ORLANDO, Fla. — "Malicious actors" may have stolen personal information, such as social security and bank account numbers, in a data breach of Florida's beleaguered unemployment benefits system, the state's Department of Economic Opportunity said Friday.
What You Need To Know
- Personal information may have been stolen from DEO between April 27 and July 16, it said
- DEO said it locked accounts, improved PIN security controls and enhanced security systems
- About 58,000 claimant accounts were targeted, the agency says
- RELATED: Your Florida unemployment system questions, answered
The agency announced the data breach in a letter sent to impacted people Friday. It said 57,920 claimant accounts were targeted.
The letter said “malicious actors” may have stolen personal information over a more than month-long period between April 27 and July 16. DEO said the breach was discovered July 16.
DEO DATA BREACH: Awaiting further details from DEO about the extent of this.— Greg Angel (@NewsGuyGreg) July 23, 2021
Several people forwarded this email, which says DEO detected a data breach on July 16.
Fraud continues to be one reason claims are taking so long to be processed. pic.twitter.com/83SZCYa8Br
“Information contained in your claimant account may have been accessed, including the following: Social Security Number, driver’s license number, bank account numbers, claim information, and other personal details, such as address, phone number, and date of birth,” the DEO letter states. “In addition, the malicious actors may have acquired the PIN you use to access your CONNECT account.”
CONNECT is the database that people use to file unemployment benefits.

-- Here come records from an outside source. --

-- ===== src/HashSet/Laws.antt =====
-- The table is a set: it has what was inserted, each once.
use hbackup.Prelude.{
  ℕ, ◌≡◌, refl, [], ◌∷◌, ◌++◌, List, Bool, false, ◌||◌, Bytes, bytes_eq, same, ◌==◌, arith,
  Bool-cases, ==_iff, sym, subst, inl, inr,
}
use hbackup.HashSet.{Table, empty_table, chain_has, hash, insert, has}

module _ (word : Bytes → ℕ) where
  -- After an insertion the table has the new hash and what it had, and nothing else.
  has-insert : (h k : Bytes) (t : Table) → has word k (insert word h t) ≡ (same k h || has word k t)
  unfolding has insert
  has-insert h k t = ground arith

  -- Insertion of a list, as a loop over it makes it.
  unfoldable pub insert_all : List Bytes → Table → Table
  insert_all [] t = t
  insert_all (h ∷ hs) t = insert_all hs (insert word h t)

  pub insert_all-append :
      (hs ks : List Bytes) (t : Table) → insert_all (hs ++ ks) t ≡ insert_all ks (insert_all hs t)
  unfolding insert_all
  insert_all-append [] ks t = refl
  insert_all-append (h ∷ hs) ks t = insert_all-append hs ks (insert word h t)

  unfoldable pub member : Bytes → List Bytes → Bool
  member k [] = false
  member k (h ∷ hs) = same k h || member k hs

  has-insert_all_onto :
      (hs : List Bytes) (k : Bytes) (t : Table)
      → has word k (insert_all hs t) ≡ (member k hs || has word k t)
  unfolding insert_all member
  has-insert_all_onto [] k t = refl
  has-insert_all_onto (h ∷ hs) k t =
      ground (arith, has-insert_all_onto hs k (insert word h t), has-insert h k t)

  -- A table filled from a list has exactly the hashes of the list.
  pub has-insert_all :
      (hs : List Bytes) (k : Bytes) → has word k (insert_all hs empty_table) ≡ member k hs
  has-insert_all hs k = ground (arith, has-insert_all_onto hs k empty_table, has_empty k)
    where
      has_empty : (k : Bytes) → has word k empty_table ≡ false
      has_empty k = unfold has empty_table in refl

  -- Each node stands in the bucket of its hash, and no chain has two nodes of one hash.
  abbrev pub IsChain : ℕ → List Bytes → Type 0
  IsChain n [] = Unit
  IsChain n (k ∷ chain) = (hash word k ≡ n) × (chain_has k chain ≡ false) × IsChain n chain

  abbrev pub IsTable : Table → Type 0
  IsTable t = (n : ℕ) → IsChain n (t n)

  -- Insertion keeps every node in the bucket of its hash, and every chain free of duplicates.
  pub insert-IsTable : (h : Bytes) (t : Table) → IsTable t → IsTable (insert word h t)
  unfolding insert
  insert-IsTable h t v n = elim (Bool-cases (chain_has h (t (hash word h)))) [
    | inl e ↦ rw e (v n)
    | inr e ↦ elim (Bool-cases (n == hash word h)) [
      | inl q ↦
          let here : n ≡ hash word h = (==_iff n (hash word h)).0 q in
          rw (e, q)
            (subst (λ m. IsChain m (h ∷ t (hash word h))) (sym here) (refl, e, v (hash word h)))
      | inr q ↦ rw (e, q) (v n)
    ]
  ]

  pub empty-IsTable : IsTable empty_table
  unfolding empty_table
  empty-IsTable n = tt
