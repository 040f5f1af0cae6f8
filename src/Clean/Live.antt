-- ===== src/Clean/Live.antt =====
-- Reading a live index marks every hash that it refers to.
use Prim.Native.Nat.{◌<◌}
use hbackup.Prelude.{
  ℕ, zero, suc, ◌≡◌, refl, sym, ap, ◌∙◌, subst, [], ◌∷◌, ◌++◌, List, Option, none, some, Bytes,
  AreBytes, codes, length, length-append, All, arith,
}
use hbackup.Outcome.{ok}
use hbackup.Utils.Hex.{hash_size, hexencode}
use hbackup.Utils.Hex.Laws.{hashdecode-hexencode}
use hbackup.Utils.Index.{Details, Reader, getdetail}
use hbackup.Utils.Index.Laws.{render, assign_all, FieldIsBytes}
use hbackup.Utils.Index.Stream.{read_details-render, read_details_end}
use hbackup.File.{Device}
use hbackup.File.Read.{IsReader, stream, IsReadable}
use hbackup.HashSet
use hbackup.HashSet.{Table}
use hbackup.HashSet.Laws.{insert_all}
use hbackup.Clean.Command.{hash_name, Marking, mark_hash, mark_lines}

-- A line of an index, and the hash that it refers to.
pub record Entry : Type 0 where
  pub first : Bytes × Bytes
  pub more : List (Bytes × Bytes)
  pub hash : Option Bytes

abbrev pub details : Entry → Details
details e = assign_all (e.first ∷ e.more) []

abbrev pub HasHash : Details → Option Bytes → Type 0
HasHash d none = getdetail d hash_name ≡ none
HasHash d (some h) =
    (getdetail d hash_name ≡ some (hexencode h)) × AreBytes h × (length h ≡ hash_size)

pub record IsEntry (e : Entry) : Type 0 where
  pub are_bytes : All FieldIsBytes (e.first ∷ e.more)
  pub has_hash : HasHash (details e) e.hash

-- The text of an index file, as do_backup() writes it.
unfoldable pub index_text : List Entry → Bytes
index_text [] = codes "[end]" ++ b'\n' ∷ []
index_text (e ∷ es) = render e.first e.more ++ b'\n' ∷ index_text es

abbrev pub add_hash : Option Bytes → List Bytes → List Bytes
add_hash none hs = hs
add_hash (some h) hs = h ∷ hs

unfoldable pub hashes : List Entry → List Bytes
hashes [] = []
hashes (e ∷ es) = add_hash e.hash (hashes es)

module _ (V : Device) (word : Bytes → ℕ) where
  mark_hash_lem :
      (d : Details) (o : Option Bytes) (hs : List Bytes) (m : Marking V word)
      → HasHash d o
      → (m' : Marking V word) × (mark_hash V word (getdetail d hash_name) m ≡ (ok tt, m'))
        × (m'.reader ≡ m.reader)
        × (insert_all word hs m'.needed ≡ insert_all word (add_hash o hs) m.needed)
  unfolding mark_hash insert_all
  mark_hash_lem d none hs m e = (m, rw e, refl, refl)
  mark_hash_lem d (some h) hs m (e, b, n) = (
    record m { needed = HashSet.insert word h m.needed },
    rw (e, hashdecode-hexencode h m.reader.log b n),
    refl,
    refl,
  )

module _ (V : Device) (R : IsReader V) (word : Bytes → ℕ) where
  -- The loop reads a well-formed index to its end mark, with more fuel than it has lines and bytes.
  -- It inserts exactly the hashes of the lines, and reports nothing.
  pub mark_lines-index_text :
      (n fuel : ℕ) (es : List Entry) (m : Marking V word)
      → length es < n
      → IsReadable V R m.reader.file
      → length (stream V R m.reader.file) < fuel
      → stream V R m.reader.file ≡ index_text es
      → All IsEntry es
      → (m' : Marking V word) × (mark_lines V word n fuel m ≡ (ok tt, m'))
        × (m'.needed ≡ insert_all word (hashes es) m.needed)
        × (m'.reader.log ≡ m.reader.log)
  unfolding mark_lines index_text hashes
  mark_lines-index_text zero fuel es m few v small split _ = absurd (omega arith)
  mark_lines-index_text (suc n) fuel [] m few v small split _ =
      let (r, q, left) = read_details_end V R fuel m.reader [] v small split in
      (record m { reader = r }, rw q, unfold insert_all in refl, left.1)
  mark_lines-index_text (suc n) fuel (e ∷ es) m few v small split (ie, ies) =
      let (r, q, ((same_text, v1), same_log)) =
        read_details-render V R fuel m.reader e.first e.more (index_text es) v small split
          ie.are_bytes in
      let (m1, p, same_reader, all) =
        mark_hash_lem V word (details e) e.hash (hashes es) (record m { reader = r }) ie.has_hash in
      let text1 : stream V R m1.reader.file ≡ index_text es =
        ap (λ (x : Reader V). stream V R x.file) same_reader ∙ same_text in
      let shorter : length (stream V R m1.reader.file) < fuel = omega (
        arith,
        ap length text1,
        ap length split,
        length-append (render e.first e.more) (b'\n' ∷ index_text es),
      ) in
      let (m2, p2, all2, log2) =
        mark_lines-index_text n fuel es m1 (omega arith)
          (subst (λ (x : Reader V). IsReadable V R x.file) (sym same_reader) v1) shorter text1
          ies in
      (m2, rw (q, p) p2, all2 ∙ all, log2 ∙ ap (λ (x : Reader V). x.log) same_reader ∙ same_log)
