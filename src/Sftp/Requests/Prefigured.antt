-- ===== src/Sftp/Requests/Prefigured.antt =====
-- sftp.cc: exists() tells what the server says of a path, whatever was asked for before.
use hbackup.Prelude.{
  ℕ, suc, ◌≡◌, inl, inr, ◌⊎◌, refl, sym, ap, subst, ◌∙◌, [], ◌∷◌, ◌++◌, List, Bool, true, Option,
  none, some, get_or, Bytes, bytes_eq, ◌==◌,
}
use hbackup.Prelude.Dict
use hbackup.Prelude.Dict.{Dict}
use hbackup.Outcome.{ok}
use hbackup.Sftp.Replies.{newid}
use hbackup.Sftp.Wire.{pack_uint8, pack_uint32, pack_string}
use hbackup.Sftp.Transport.{Transport, Server, Continues, IsTransport}
use hbackup.Sftp.Transport.Laws.{Continues-trans, Continues-weaken, Continues-refl}
use hbackup.Sftp.Requests.{Client, on_link, fresh_id, path_request}
use hbackup.Sftp.Requests.Simple.{init_lem, command_lem}
use hbackup.Sftp.Requests.Existence.{prefigure_exists, take_inflight, or_again, exists}
use hbackup.Sftp.Requests.Cached.{
  InFlight, AskedFor, InFlight-append, IsTrue, Covered, IsTrue-insert, IsTrue-erase, Covered-insert,
}

module _ (T : Transport) (S : Server T) (L : IsTransport T S) (present : Bytes → Bool) where
  open S use {Up, Answers, output}

  -- The server answers a STAT of the path with attributes exactly if the path is there.
  pub record Tells (l : T.State) (id : ℕ) (path : Bytes) : Type 0 where
    pub reply : Bytes
    pub answers : Answers l id reply
    pub truth : (get_or reply 0 0 == 105) ≡ present path

  abbrev pub AllTell : T.State → List (ℕ × Bytes) → Type 0
  AllTell l [] = Unit
  AllTell l ((id, path) ∷ rest) = Tells l id path × (¬ InFlight id rest) × AllTell l rest

  AllTell-keeps :
      (l l' : T.State) (es : List (ℕ × Bytes)) (G : ℕ → Type 0)
      → ((j : ℕ) (r : Bytes) → ¬ G j → Answers l j r → Answers l' j r)
      → ((j : ℕ) → InFlight j es → ¬ G j)
      → AllTell l es
      → AllTell l' es
  AllTell-keeps l l' [] G k n h = tt
  AllTell-keeps l l' ((id, path) ∷ rest) G k n (t, fresh, h) = (
    record { reply = t.reply; answers = k id t.reply (n id (inl refl)) t.answers; truth = t.truth },
    fresh,
    AllTell-keeps l l' rest G k (λ j i. n j (inr i)) h,
  )

  -- What the loop of exists() leaves.
  pub record Took (es : List (ℕ × Bytes)) (c c' : Client T) : Type 0 where
    pub same_id : c'.id ≡ c.id
    pub none_left : c'.existence_inflight ≡ []
    pub true_cache : IsTrue present c'.existence
    pub covers :
        (p : Bytes) → Covered p es c.existence → (b : Bool) × (Dict.lookup p c'.existence ≡ some b)
    pub goes : Continues T S c.link [] (λ j. InFlight j es) c'.link

  take_inflight_lem :
      (es : List (ℕ × Bytes)) (c : Client T)
      → c.existence_inflight ≡ es
      → Up c.link
      → IsTrue present c.existence
      → AllTell c.link es
      → (c' : Client T) × (take_inflight T es c ≡ (ok tt, c')) × Took es c c'
  unfolding take_inflight on_link
  take_inflight_lem [] c alike u cached h = (
    c,
    refl,
    record {
      same_id = refl;
      none_left = alike;
      true_cache = cached;
      covers = λ p x. elim x [ inl k ↦ k | inr e ↦ absurd e ];
      goes = Continues-weaken T S refl (λ j g. g) (Continues-refl T S u);
    },
  )
  take_inflight_lem ((id, path) ∷ rest) c alike u cached (t, fresh, h) =
      let (l, q, go) = L.awaits id t.reply c.link u t.answers in
      let c1 = record c {
        link = l;
        existence = Dict.insert path (get_or t.reply 0 0 == 105) c.existence;
        existence_inflight = rest;
      } in
      let (c2, q2, took) =
        take_inflight_lem rest c1 refl go.up
          (rw t.truth (IsTrue-insert present path c.existence cached))
          (AllTell-keeps c.link l rest (λ j. j ≡ id) go.answers
            (λ j i e. fresh (subst (λ k. InFlight k rest) e i)) h) in
      (
        c2,
        rw q q2,
        record {
          same_id = took.same_id;
          none_left = took.none_left;
          true_cache = took.true_cache;
          covers = λ p x. took.covers p (Covered-insert p id path _ rest c.existence x);
          goes = Continues-weaken T S refl (λ j g. g) (Continues-trans T S go took.goes);
        },
      )

  -- SSH_FXP_STAT of a path.
  abbrev pub stat_packet : ℕ → Bytes → Bytes
  stat_packet id path = pack_string (pack_uint32 (pack_uint8 [] 17) id) path

  -- What is cached is true, and what is in flight will be.
  pub record IsHonest (c : Client T) : Type 0 where
    pub is_connected : T.connected c.link ≡ true
    pub up : Up c.link
    pub true_cache : IsTrue present c.existence
    pub all_tell : AllTell c.link c.existence_inflight

  -- If what is sent next is a STAT of the path under the next ID, and nothing else, then it is
  -- answered, whatever other replies are taken meanwhile. That ID is not yet in flight.
  pub record IsNext (c : Client T) (path : Bytes) : Type 1 where
    pub tells :
        (l : T.State) (Gone : ℕ → Type 0)
        → ¬ Gone (newid c.id).0
        → Continues T S c.link (pack_string [] (stat_packet (newid c.id).0 path)) Gone l
        → Tells l (newid c.id).0 path
    pub unused : ¬ InFlight (newid c.id).0 c.existence_inflight

  AllTell-append :
      (l : T.State) (es : List (ℕ × Bytes)) (id : ℕ) (path : Bytes)
      → AllTell l es
      → Tells l id path
      → ¬ InFlight id es
      → AllTell l (es ++ (id, path) ∷ [])
  AllTell-append l [] id path h t n = (t, λ x. x, tt)
  AllTell-append l ((j, p) ∷ es) id path (u, fresh, h) t n = (
    u,
    λ i. elim (InFlight-append j id path es i) [ inl k ↦ fresh k | inr e ↦ n (inl (sym e)) ],
    AllTell-append l es id path h t (λ i. n (inr i)),
  )

  -- What is prefigured is in flight, and all stays true.
  pub prefigure_exists-IsHonest :
      (path : Bytes) (c : Client T)
      → IsHonest c
      → IsNext c path
      → (c' : Client T) × (prefigure_exists T path c ≡ (ok tt, c'))
        × IsHonest c'
        × (c'.existence_inflight ≡ c.existence_inflight ++ ((newid c.id).0, path) ∷ [])
        × (c'.existence ≡ c.existence)
  unfolding prefigure_exists fresh_id path_request
  prefigure_exists-IsHonest path c v n =
      let id = (newid c.id).0 in
      let (l, q, go) =
        command_lem T S L (path_request 17 id path) (record c { id = (newid c.id).1 }) v.up in
      let keeps = go.answers in
      (
        record c {
          link = l;
          id = (newid c.id).1;
          existence_inflight = c.existence_inflight ++ (id, path) ∷ [];
        },
        rw (init_lem T S L c v.is_connected, q) refl,
        record {
          is_connected = go.is_connected ∙ v.is_connected;
          up = go.up;
          true_cache = v.true_cache;
          all_tell =
              AllTell-append l c.existence_inflight id path
                (AllTell-keeps c.link l c.existence_inflight (λ _. ⊥) keeps (λ j i x. x) v.all_tell)
                (n.tells l (λ _. ⊥) (λ x. x) go) n.unused;
        },
        refl,
        refl,
      )

  -- A round of exists() that finds the path in the cache.
  exists_hit :
      (fuel : ℕ) (path : Bytes) (b : Bool) (c c1 : Client T)
      → T.connected c.link ≡ true
      → take_inflight T c.existence_inflight c ≡ (ok tt, c1)
      → Dict.lookup path c1.existence ≡ some b
      → exists T (suc fuel) path c ≡ (ok b, record c1 { existence = Dict.erase path c1.existence })
  unfolding exists or_again
  exists_hit fuel path b c c1 e q h = rw (init_lem T S L c e, q) (rw h refl)

  exists_miss :
      (fuel : ℕ) (path : Bytes) (c c1 c2 : Client T)
      → T.connected c.link ≡ true
      → take_inflight T c.existence_inflight c ≡ (ok tt, c1)
      → Dict.lookup path c1.existence ≡ none
      → prefigure_exists T path c1 ≡ (ok tt, c2)
      → exists T (suc fuel) path c ≡ exists T fuel path c2
  unfolding exists or_again
  exists_miss fuel path c c1 c2 e q h p = rw (init_lem T S L c e, q) (rw (h, p) refl)

  -- exists() has told the truth, and left only truth.
  abbrev Told : ℕ → Bytes → Client T → Type 0
  Told fuel path c =
      (c' : Client T) × (exists T fuel path c ≡ (ok (present path), c'))
      × IsHonest c'
      × (c'.existence_inflight ≡ [])

  Took-IsHonest :
      (es : List (ℕ × Bytes)) (c c1 : Client T) (d : Dict Bytes Bool)
      → T.connected c.link ≡ true
      → Took es c c1
      → IsTrue present d
      → IsHonest (record c1 { existence = d })
  Took-IsHonest es c c1 d e took h = record {
    is_connected = took.goes.is_connected ∙ e;
    up = took.goes.up;
    true_cache = h;
    all_tell = subst (AllTell c1.link) (sym took.none_left) tt;
  }

  exists_cached :
      (fuel : ℕ) (path : Bytes) (b : Bool) (c c1 : Client T)
      → T.connected c.link ≡ true
      → take_inflight T c.existence_inflight c ≡ (ok tt, c1)
      → Took c.existence_inflight c c1
      → Dict.lookup path c1.existence ≡ some b
      → Told (suc fuel) path c
  exists_cached fuel path b c c1 e q took h = (
    record c1 { existence = Dict.erase path c1.existence },
    exists_hit fuel path b c c1 e q h
        ∙ ap (λ x. (ok x, record c1 { existence = Dict.erase path c1.existence }))
            (took.true_cache path b h),
    Took-IsHonest c.existence_inflight c c1 _ e took
        (IsTrue-erase present path c1.existence took.true_cache),
    took.none_left,
  )

  -- Once the path is asked for.
  exists_asked :
      (fuel : ℕ) (path : Bytes) (id : ℕ) (c : Client T)
      → IsHonest c
      → c.existence_inflight ≡ (id, path) ∷ []
      → Told (suc fuel) path c
  exists_asked fuel path id c v e =
      let (c1, q, took) =
        take_inflight_lem c.existence_inflight c refl v.up v.true_cache v.all_tell in
      let (b, h) = took.covers path (inr (subst (AskedFor path) (sym e) (inl refl))) in
      exists_cached fuel path b c c1 v.is_connected q took h

  -- Whatever is cached or in flight, exists() returns what the server says of the path, and what it
  -- leaves in the cache is as true as what was there; nothing is left in flight. A fuel of 2 is
  -- enough. The client is connected, its cache is true, the requests in flight are answered with
  -- attributes exactly if their paths are there, no two of them share an ID, and the server answers a
  -- STAT of the path in the same way, if that is what is sent next.
  pub exists-present :
      (fuel : ℕ) (path : Bytes) (c : Client T)
      → IsHonest c
      → IsNext c path
      → (c' : Client T) × (exists T (suc (suc fuel)) path c ≡ (ok (present path), c'))
        × IsHonest c'
        × (c'.existence_inflight ≡ [])
  exists-present fuel path c v n =
      let (c1, q, took) =
        take_inflight_lem c.existence_inflight c refl v.up v.true_cache v.all_tell in
      by_cache c1 q took (Dict.lookup path c1.existence) refl
    where
      by_cache :
          (c1 : Client T)
          → take_inflight T c.existence_inflight c ≡ (ok tt, c1)
          → Took c.existence_inflight c c1
          → (o : Option Bool) → Dict.lookup path c1.existence ≡ o
          → Told (suc (suc fuel)) path c
      by_cache c1 q took (some b) h = exists_cached (suc fuel) path b c c1 v.is_connected q took h
      by_cache c1 q took none h =
          let same_id : (newid c1.id).0 ≡ (newid c.id).0 = ap (λ i. (newid i).0) took.same_id in
          let asked : IsNext c1 path = record {
            tells = λ l Gone fresh go.
                subst (λ i. Tells l i path) (sym same_id)
                  (n.tells l (λ k. InFlight k c.existence_inflight ⊎ Gone k)
                    (λ g. elim g [
                      | inl i ↦ n.unused i
                      | inr x ↦ fresh (subst Gone (sym same_id) x)
                    ])
                    (subst
                      (λ i.
                        Continues T S c.link (pack_string [] (stat_packet i path))
                          (λ k. InFlight k c.existence_inflight ⊎ Gone k) l)
                      same_id (Continues-trans T S took.goes go)));
            unused = λ i. subst (InFlight (newid c1.id).0) took.none_left i;
          } in
          let (c2, p, honest, inflight, cached) =
            prefigure_exists-IsHonest path c1
              (Took-IsHonest c.existence_inflight c c1 c1.existence v.is_connected took
                took.true_cache)
              asked in
          let (c3, q3, honest3, none_left) =
            exists_asked fuel path (newid c1.id).0 c2 honest
              (inflight ∙ ap (λ es. es ++ ((newid c1.id).0, path) ∷ []) took.none_left) in
          (c3, exists_miss (suc fuel) path c c1 c2 v.is_connected q h p ∙ q3, honest3, none_left)
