-- ===== src/Sftp/Requests/Types.antt =====
-- sftp.cc: type(), which finds out what stands at a path by three requests.
use hbackup.Prelude.{ℕ, false, Bytes, ◌==◌, if◌then◌else◌}
use hbackup.Outcome.{Result, ok, ◌>>=◌, and_then}
use hbackup.Filesystem.{Filetype, regular_file, directory, symbolic_link, unknown_file_type}
use hbackup.Sftp.Wire.{unpack_uint32, unpack_string}
use hbackup.Sftp.Check.{check}
use hbackup.Sftp.Transport.{Transport}
use hbackup.Sftp.Requests.{
  Client, on_link, fresh_id, init, path_request, open_request, forget_handle,
}

-- A missing file: SSH_FX_NO_SUCH_FILE is 2.
unfoldable pub check_missing : ℕ → Bytes → Result (Unit {0})
unfolding unpack_uint32 check
check_missing r reply =
    let status = unpack_uint32 reply 5 in
    if r == 101 then (status >>= λ p. if p.0 == 2 then check reply false else ok tt) else ok tt

module _ (T : Transport) where
  -- `if(r == SSH_FXP_HANDLE)`: the type is known, and the handle is closed.
  unfoldable pub take_handle :
      ℕ → Bytes → Filetype → Filetype → Client T → Result Filetype × Client T
  unfolding unpack_string forget_handle
  take_handle r reply found t c =
      if r == 102
      then and_then (unpack_string reply 5, c)
          (λ h c1. and_then (forget_handle T h.0 c1) (λ _ c2. (ok found, c2)))
      else (ok t, c)

  -- What type() makes of the three replies.
  unfoldable pub deduce : ℕ × Bytes → ℕ × Bytes → ℕ × Bytes → Client T → Result Filetype × Client T
  unfolding check_missing take_handle
  deduce openfile opendir readlink c =
      and_then (check_missing openfile.0 openfile.1, c)
        λ _ c1.
          and_then (take_handle openfile.0 openfile.1 regular_file unknown_file_type c1) λ t1 c2.
            and_then (take_handle opendir.0 opendir.1 directory t1 c2)
              λ t2 c3. (ok (if readlink.0 == 104 then symbolic_link else t2), c3)

  -- The three requests of type(), by their IDs.
  unfoldable pub send_probes : Bytes → ℕ → ℕ → ℕ → Client T → Result (Unit {0}) × Client T
  unfolding on_link path_request open_request
  send_probes path openfileid opendirid readlinkid c =
      and_then (on_link T (T.send (open_request openfileid path 1)) c) λ _ c1.
        and_then (on_link T (T.send (path_request 11 opendirid path)) c1) λ _ c2.
          and_then (on_link T (T.send (path_request 19 readlinkid path)) c2) λ _. on_link T T.flush

  -- SftpFilesystem::type()
  unfoldable pub type : Bytes → Client T → Result Filetype × Client T
  unfolding init fresh_id send_probes on_link deduce
  type path c = and_then (init T c) λ _ c1.
      let (openfileid, c2) = fresh_id T c1 in
      let (opendirid, c3) = fresh_id T c2 in
      let (readlinkid, c4) = fresh_id T c3 in
      and_then (send_probes path openfileid opendirid readlinkid c4) λ _ c5.
        and_then (on_link T (T.await openfileid) c5) λ openfile c6.
          and_then (on_link T (T.await opendirid) c6) λ opendir c7.
            and_then (on_link T (T.await readlinkid) c7)
              λ readlink c8. deduce openfile opendir readlink c8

DEO said it proactively locked accounts, improved PIN security controls and enhanced network security systems.
DEO recommends those who received the letter to closely watch credit accounts.
We recommend you monitor your financial accounts, and if you see any unauthorized activity, promptly contact your financial institution. You may also contact the Federal Trade Commission (FTC) by calling 1-877-ID-THEFT (1-877-438-4338) or online at www.ftccomplaintassistant.gov/
You also may want to contact the three U.S. credit reporting agencies (Equifax, Experian and TransUnion) to obtain a free credit report from each by calling 1-877-322-8228 or by logging onto www.annualcreditreport.com.
Additionally, DEO has purchased a year’s subscription of LifeLock’s identity protection services on your behalf. LifeLock will be providing you with a notification through mail in the coming days, which will explain the services that you will receive. LifeLock will also be providing call center services that you may utilize in the event you have questions about this notice.
You may call LifeLock’s call center at 1-866-918-3797.
Fraud remains an ongoing problem for states like Florida, with some estimates saying fraudsters may have gotten away with more than $400 billion with fraudulent claims filed across the U.S.
Friday’s announcement is the closet DEO has come to answering Spectrum News’ questions about the volume of fraud.
Multiple people have expressed to Spectrum News issues with new unemployment claims not being able to be filed due to existing fraud; hackers using stolen information to file fraudulent claims.
Some of those people tell Spectrum News that although they appreciate DEO’s actions, they’re concerned about staffing.
“The Reemployment Assistance program currently has 22 staff members dedicated to investigating Reemployment Assistance Fraud,” DEO said in a statement to Spectrum News. “This does not include other areas within the Department, such as the Office of Inspector General, that also investigates Reemployment Assistance fraud. Additionally, it also does not include external entities; such as federal state, and local law enforcement that assists the Department in Reemployment Assistance fraud investigation.”
Before Friday’s announcement of a data breach, DEO previously told Spectrum News:
"Fraud detection and research is ongoing at the Department, and we continue to look for additional ways to mitigate instances of Reemployment Assistance fraud and protect Floridians’ identities. Recently, the Department implemented a fraud prevention measure that prevents claimants from changing their banking information and their email address within CONNECT to help mitigate instances of accounts being hacked. Claimants may find instructions on how to change this information through CONNECT. Claimants are always encouraged to verify that their account information, such as their contact information and bank account information, is accurate and up to date each time they access their account. Claimants should also make sure to verify any suspicious emails or phone calls to make sure they are official correspondences and to mitigate instances of Reemployment Assistance fraud or identity theft on their end.”